- Your task -
The entries follow. Copy every line in which "IsCapacity" appears.

- Records for this task -
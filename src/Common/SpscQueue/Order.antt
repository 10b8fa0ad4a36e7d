-- ===== src/Common/SpscQueue/Order.antt =====
-- The ring of hft/common/spsc_queue.h under the interleavings of its two threads.
use hft.Prelude.{
  ℕ, suc, ◌+◌, ◌%◌, ◌<◌, ◌≤◌, ◌≡◌, ◌∙◌, sym, ap, refl, ◌⊎◌, inl, inr, true, false, List, [], ◌∷◌,
  ◌++◌, length, length-replicate, get_or, length-append, ◌==◌, Bool-cases, arith,
}
use mathlib.Core.List.{append_assoc}
use mathlib.Core.Path.{subst}
use hft.Common.SpscQueue.{SpscQueue, word, sub_word, next_word, empty_queue, enqueue, dequeue}
use hft.Common.SpscQueue.Fifo.{
  IsCapacity, Holds, occupancy, written, published, taken, tail_element,
}
use hft.Common.SpscQueue.Threads.{
  Producer, outside, loaded_tail, wrote, Consumer, away, loaded_head, took, System, produce,
  consume, start, producing, consuming, Reach, begin, next, ProducerKnows, ConsumerKnows, InOrder,
}

-- A new element at the end changes nothing that the consumer knows.
still_first :
    {A : Type 0} (capacity : ℕ) (c : Consumer A) (from : ℕ) (xs : List A) (x : A)
    → ConsumerKnows capacity from xs c
    → ConsumerKnows capacity from (xs ++ x ∷ []) c
still_first capacity away from xs x k = tt
still_first capacity (loaded_head h) from xs x (m, le, at) =
    (m, omega (arith, length-append xs (x ∷ [])), at)
still_first capacity (took y) from xs x (ys, e) = (ys ++ x ∷ [], ap (λ l. l ++ x ∷ []) e)

-- Taking the first element off leaves true all that the producer knows.
still_room :
    {A : Type 0} (capacity : ℕ) (q : SpscQueue A) (from : ℕ) (y : A) (ys : List A) (p : Producer A)
    → ProducerKnows capacity q from (y ∷ ys) p
    → ProducerKnows capacity (record q { tail = next_word q.tail }) (suc from) ys p
still_room capacity q from y ys outside k = tt
still_room capacity q from y ys (loaded_tail x t) (some_left, fits) = (omega arith, fits)
still_room capacity q from y ys (wrote x) (room, there) =
    (omega arith, λ d. ap (λ n. get_or q.buffer (n % capacity) d) (omega arith) ∙ there d)

-- A tail that differs from a head that the consumer loaded stands for the first element.
read_first :
    {A : Type 0} (capacity : ℕ) (ok : IsCapacity capacity) (q : SpscQueue A) (from : ℕ)
    (xs : List A) (var : A) (h m : ℕ)
    → Holds capacity q from xs
    → m ≤ length xs
    → h ≡ (from + m) % word
    → (q.tail == h) ≡ false
    → (ys : List A) × (xs ≡ get_or q.buffer (q.tail % capacity) var ∷ ys)
read_first capacity ok q from [] var h m o le at other =
    let none_left : (from + m) % word ≡ from % word = ap (λ n. n % word) (omega arith) in
    let same : q.tail ≡ h = o.front ∙ sym none_left ∙ sym at in absurd (ground (arith, other, same))
read_first capacity ok q from (y ∷ ys) var h m o le at other =
    let e = tail_element capacity ok q from (y ∷ ys) o in
    let first : get_or q.buffer (q.tail % capacity) var ≡ y =
      ap (λ n. get_or q.buffer n var) (e ∙ ap (λ n. n % capacity) (omega arith))
      ∙ o.held var 0 (omega arith) in
    (ys, ap (λ z. z ∷ ys) (sym first))

module _ {A : Type 0} (capacity : ℕ) (ok : IsCapacity capacity) where
  produce-InOrder :
      (item : A) (p : Producer A) (s : System A)
      → s.producer ≡ p
      → InOrder capacity s
      → InOrder capacity (produce capacity item p s)
  unfolding produce
  produce-InOrder item outside s e o = record {
    from = o.from;
    contents = o.contents;
    holds = o.holds;
    order = o.order;
    producing =
        let f = o.holds.fits in
        rw (occupancy capacity ok s.queue o.from o.contents o.holds) (omega arith, f);
    consuming = o.consuming;
  }
  produce-InOrder item (loaded_tail x t) s e o =
      let k = subst (ProducerKnows capacity s.queue o.from o.contents) e o.producing in
      elim (Bool-cases (sub_word s.queue.head t == capacity)) [
        | inl full ↦
            rw (full, produce)
              (record {
                from = o.from;
                contents = o.contents;
                holds = o.holds;
                order = o.order;
                producing = tt;
                consuming = o.consuming;
              })
        | inr room ↦
            let less : length o.contents < capacity = ground (arith, k, room) in
            let (w, there) = written capacity ok s.queue o.from o.contents x o.holds less in
            rw (room, produce)
              (record {
                from = o.from;
                contents = o.contents;
                holds = w;
                order = o.order;
                producing = (less, there);
                consuming = o.consuming;
              })
      ]
  produce-InOrder item (wrote x) s e o =
      let (room, there) = subst (ProducerKnows capacity s.queue o.from o.contents) e o.producing in
      record {
        from = o.from;
        contents = o.contents ++ x ∷ [];
        holds = published capacity ok s.queue o.from o.contents x o.holds room there;
        order = ap (λ l. l ++ x ∷ []) o.order ∙ append_assoc s.received o.contents (x ∷ []);
        producing = tt;
        consuming = still_first capacity s.consumer o.from o.contents x o.consuming;
      }

  consume-InOrder :
      (var : A) (c : Consumer A) (s : System A)
      → s.consumer ≡ c
      → InOrder capacity s
      → InOrder capacity (consume capacity var c s)
  unfolding consume
  consume-InOrder var away s e o = record {
    from = o.from;
    contents = o.contents;
    holds = o.holds;
    order = o.order;
    producing = o.producing;
    consuming = (length o.contents, omega arith, o.holds.back);
  }
  consume-InOrder var (loaded_head h) s e o =
      let (m, le, at) = subst (ConsumerKnows capacity o.from o.contents) e o.consuming in
      elim (Bool-cases (s.queue.tail == h)) [
        | inl same ↦
            rw (same, consume)
              (record {
                from = o.from;
                contents = o.contents;
                holds = o.holds;
                order = o.order;
                producing = o.producing;
                consuming = tt;
              })
        | inr other ↦
            rw (other, consume)
              (record {
                from = o.from;
                contents = o.contents;
                holds = o.holds;
                order = o.order;
                producing = o.producing;
                consuming =
                    read_first capacity ok s.queue o.from o.contents var h m o.holds le at other;
              })
      ]
  consume-InOrder var (took y) s e o =
      let (ys, first) = subst (ConsumerKnows capacity o.from o.contents) e o.consuming in
      record {
        from = suc o.from;
        contents = ys;
        holds =
            taken capacity ok s.queue o.from y ys
              (subst (Holds capacity s.queue o.from) first o.holds);
        order =
            o.order ∙ ap (λ l. s.received ++ l) first ∙ sym (append_assoc s.received (y ∷ []) ys);
        producing =
            still_room capacity s.queue o.from y ys s.producer
              (subst (λ l. ProducerKnows capacity s.queue o.from l s.producer) first o.producing);
        consuming = tt;
      }

  start-InOrder : (d : A) → InOrder capacity (start capacity d)
  unfolding empty_queue
  start-InOrder d = record {
    from = 0;
    contents = [];
    holds = record {
      size = length-replicate capacity d;
      front = refl;
      back = refl;
      fits = omega arith;
      held = λ e i b. absurd (omega arith);
    };
    order = refl;
    producing = tt;
    consuming = tt;
  }

  -- For a capacity that is a power of two from 2 on and below 2^64: however the steps of the two
  -- threads are interleaved, what has been received is the beginning of
  -- what has been sent, in order and with nothing lost or repeated, and the rest, at most as many as
  -- the capacity, is what the ring holds.
  pub Reach-InOrder : (d : A) (s : System A) → Reach capacity d s → InOrder capacity s
  Reach-InOrder d _ begin = start-InOrder d
  Reach-InOrder d _ (next {s} r (producing item)) =
      produce-InOrder item s.producer s refl (Reach-InOrder d s r)
  Reach-InOrder d _ (next {s} r (consuming var)) =
      consume-InOrder var s.consumer s refl (Reach-InOrder d s r)

module _ {A : Type 0} (capacity : ℕ) where
  -- A call of `enqueue` that the consumer does not interrupt: after two steps it either is over, with
  -- the ring as it was, or one step more moves the head; `enqueue` gives the same ring and answer.
  pub enqueue_steps :
      (s : System A) (x : A)
      → let two = produce capacity x (loaded_tail x s.queue.tail) (produce capacity x outside s) in
        ((two.producer ≡ outside) × (enqueue capacity s.queue x ≡ (two.queue, false)))
        ⊎ ((two.producer ≡ wrote x)
            × (enqueue capacity s.queue x ≡ ((produce capacity x (wrote x) two).queue, true)))
  unfolding produce enqueue
  enqueue_steps s x = elim (Bool-cases (sub_word s.queue.head s.queue.tail == capacity)) [
    | inl e ↦ inl (rw e refl, rw e refl)
    | inr e ↦ inr (rw e refl, rw e refl)
  ]

  -- A call of `dequeue` that the producer does not interrupt, in the same way.
  pub dequeue_steps :
      (s : System A) (d : A)
      → let two = consume capacity d (loaded_head s.queue.head) (consume capacity d away s) in
        ((two.consumer ≡ away) × (dequeue capacity s.queue d ≡ (two.queue, d, false)))
        ⊎ ((y : A) × (two.consumer ≡ took y)
            × (dequeue capacity s.queue d ≡ ((consume capacity d (took y) two).queue, y, true)))
  unfolding consume dequeue
  dequeue_steps s d = elim (Bool-cases (s.queue.tail == s.queue.head)) [
    | inl e ↦ inl (rw e refl, rw e refl)
    | inr e ↦ inr (get_or s.queue.buffer (s.queue.tail % capacity) d, rw e refl, rw e refl)
  ]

- Completed task -
  IsCapacity, Holds, occupancy, written, published, taken, tail_element,
    {A : Type 0} (capacity : ℕ) (ok : IsCapacity capacity) (q : SpscQueue A) (from : ℕ)
module _ {A : Type 0} (capacity : ℕ) (ok : IsCapacity capacity) where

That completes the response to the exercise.